# What is it??



## TerrierMotors (Oct 16, 2019)

Have an old bike/lawn ornament that i am trying to identify, hoping one of you gurus can enlighten me







any info would be appreciated


----------



## GTs58 (Oct 16, 2019)

60's Huffy.


----------



## TerrierMotors (Oct 17, 2019)

that chainguard certainly seems to match, thanks for the help


----------



## TerrierMotors (Oct 20, 2019)

Have another one for ya, someone broke the welds around the seatpost, presumably to 'chopper' it out, thinking of motorizing it, wondering what it started out as


----------



## Scout Evans (Oct 22, 2019)

That's a late 50's/ early 60's Ross, the chain ring and fork crown are giveaways.


----------



## TerrierMotors (Oct 23, 2019)

And one more, an enormous racing frame, no decals or badges left
sitting next to a 20"BMX frame for comparison



any idea what this may be?


----------



## TerrierMotors (Oct 23, 2019)

Found another that's got me wondering, decal says made in England
also says Sportsman down the seat post, who was the manufacturer?


----------



## TerrierMotors (Oct 23, 2019)

Have no details on this one


----------



## Thaddeus (Oct 23, 2019)

Got one myself .







pulled from river 30 yrs ago, all chrome,2 bulbs,possibly a horn but guts in tank gone, had 2 rear side baskets which were rusted and didnt suit my taste back then.

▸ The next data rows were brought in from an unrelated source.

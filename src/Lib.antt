-- ===== src/Lib.antt =====
-- Verification of three programs of this repository: the file system testfs (fs), the user-level
-- thread library (threads) and the multi-threaded web server (webserver).
--
-- fs. Fs/Bitmap.antt models fs/bitmap.c: `create`, `alloc`, `mark`, `unmark`, `isset` and
-- `nr_allocated` are the functions bitmap_*, over bytes given as a function of their index.
-- Fs/State.antt has the state of the program: the device, the super block, both freemaps and the
-- inodes in memory; an operation takes the state and returns a result and the new state, or `none`
-- where the program aborts (a failed assert, EXIT, an access through a dangling pointer).
-- Fs/Layout.antt has the sizes of fs/testfs.h and the bytes of a buffer read as C numbers.
-- Fs/Block.antt models fs/block.c. Fs/Super.antt and Fs/Super/Mount.antt model fs/super.c and the
-- formatting of fs/mktestfs.c: a function testfs_f is `f` here. Fs/Inode.antt models fs/inode.c
-- with Fs/Create.antt for creating and removing inodes, Fs/Inode/Saved.antt has the inodes on the
-- device and Fs/Words.antt the words of a struct in a buffer, Fs/Inode/Cached.antt the invariant of
-- the inodes in memory and their table, and its siblings References.antt, Release.antt and
-- Counting.antt the references to them. Fs/ReadWrite.antt models
-- fs/read_write.c: `read_block`, `allocate_block`, `read_data`, `write_data` and `free_blocks`.
-- Its two loops run on fuel that is a little more than the number of blocks that the size spans,
-- and every round but the first handles a whole block. Fs/ReadWrite/Physical.antt has the
-- independent map from a file's blocks to the device, Fs/ReadWrite/Read.antt the bytes of a file,
-- Fs/ReadWrite/Kept.antt and Overwrite.antt writing to blocks that exist, and ReadBack.antt
-- reading what was written. Fs/Dirent.antt models the entries of fs/dir.c, whose loops have a
-- round for every 8 bytes of a directory (an entry takes at least 9), Fs/Dir.antt its commands,
-- where what a command prints is part of its result, and Fs/File.antt fs/file.c and fs/common.c,
-- with strtoll and strtoull as parameters. The recursions of testfs_ls and testfs_pwd run on fuel
-- that the caller gives, since a damaged file system can have a cycle. Fs/Dirent/Entries.antt has
-- the list of entries that the bytes of a directory stand for, and its siblings Lookup.antt,
-- Add.antt and Remove.antt the walks over it, a new entry and the end of one.
-- Fs/Testfs.antt is the program of fs/testfs.c: its table of commands, `parse_command` and the main loop over the lines of the input, with strtok_r
-- as a parameter; Fs/Testfs/Parse.antt is about the array of arguments. Fs/Mktestfs.antt is the
-- main function of fs/mktestfs.c.
--
-- threads. Threads/State.antt has the globals and structs of threads/thread.c, with the structs
-- named by addresses, Threads/Queue.antt the queues and thread_wakeup, Threads/Scheduler.antt
-- creating, yielding, exiting, killing and sleeping, and Threads/Sync.antt waiting, locks and
-- condition variables; the functions keep their names. A call that sets another thread's context
-- is `switched` to it, and `resume` is what a thread does when its own context is set. The
-- interrupt mask of threads/interrupt.c is part of the state, and Threads/Interrupt.antt has its
-- handler, which preempts a thread. What malloc gives, and what a field
-- holds that is not assigned, are arguments of `thread_init`, `thread_create` and `lock_create`; a
-- thread has no wait queue if the head of it does not hold zeros. The other calls of malloc succeed.
-- Threads/Scheduled.antt has the invariant of the scheduler, Threads/Switched.antt, Calls.antt,
-- Sleeping.antt, Choosing.antt, Waking.antt, Creating.antt, LockCalls.antt and WaitCalls.antt what
-- the calls do to it, Threads/Begun.antt the state that they start from, and Threads/History.antt
-- their histories, without exit and kill.
--
-- webserver. Webserver/Server.antt models the bounded buffer of webserver/server_thread.c with its
-- mutex and condition variables: each critical section of `worker` and `server_request` is one
-- step, and a history is any sequence of steps, spurious wake-ups and the exit.
-- Webserver/Cache.antt models the file cache of the same source: a walk of linear probing has a
-- round for each slot, after which the C loop would go round for ever; `request_begin`,
-- `request_insert` and `request_end` are the parts of do_server_request under `cache_lock`.
-- Webserver/Serving.antt is do_server_request as the phases of a request, and the requests of all
-- workers over one cache; its child modules are about what the steps leave in the cache.
-- Webserver/Rio.antt models the reading of lines and `rio_write` in webserver/common.c over the
-- system calls read and write, parameters that a descriptor's state is passed through, on fuel for
-- the calls that signals interrupt, and in `rio_write` for those that take a part of the bytes; Rio/Readline.antt compares it with the lines of the bytes that the descriptor delivers,
-- and Rio/Write.antt is about what a descriptor gets.
-- Webserver/Request.antt models webserver/request.c, with stat, the contents of files, sscanf and
-- strcasecmp as parameters, and its headers on fuel, since the loop need not end;
-- Webserver/Client.antt models `client_send` of webserver/client.c, and the loop that reads the body
-- of a response; Webserver/Client/Send.antt is about the server that reads what the client sends.
--
-- Not modelled: the text of the web server's responses; sockets, signals, timers, and
-- the options on command lines; the earlier copy of the thread library in threads/os-101.
mod Prelude
pub mod Fs
pub mod Threads
pub mod Webserver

Quick cleaned it today ,barn swallows painted it


----------



## TerrierMotors (Oct 25, 2019)

Figured out the Sportsman was a Huffy, could still use some help on the ladies bike posted


----------



## Euphman06 (Oct 25, 2019)

Ladies bike has a 3 piece european crank system on it...so something oversees built. Peugot possibly,


----------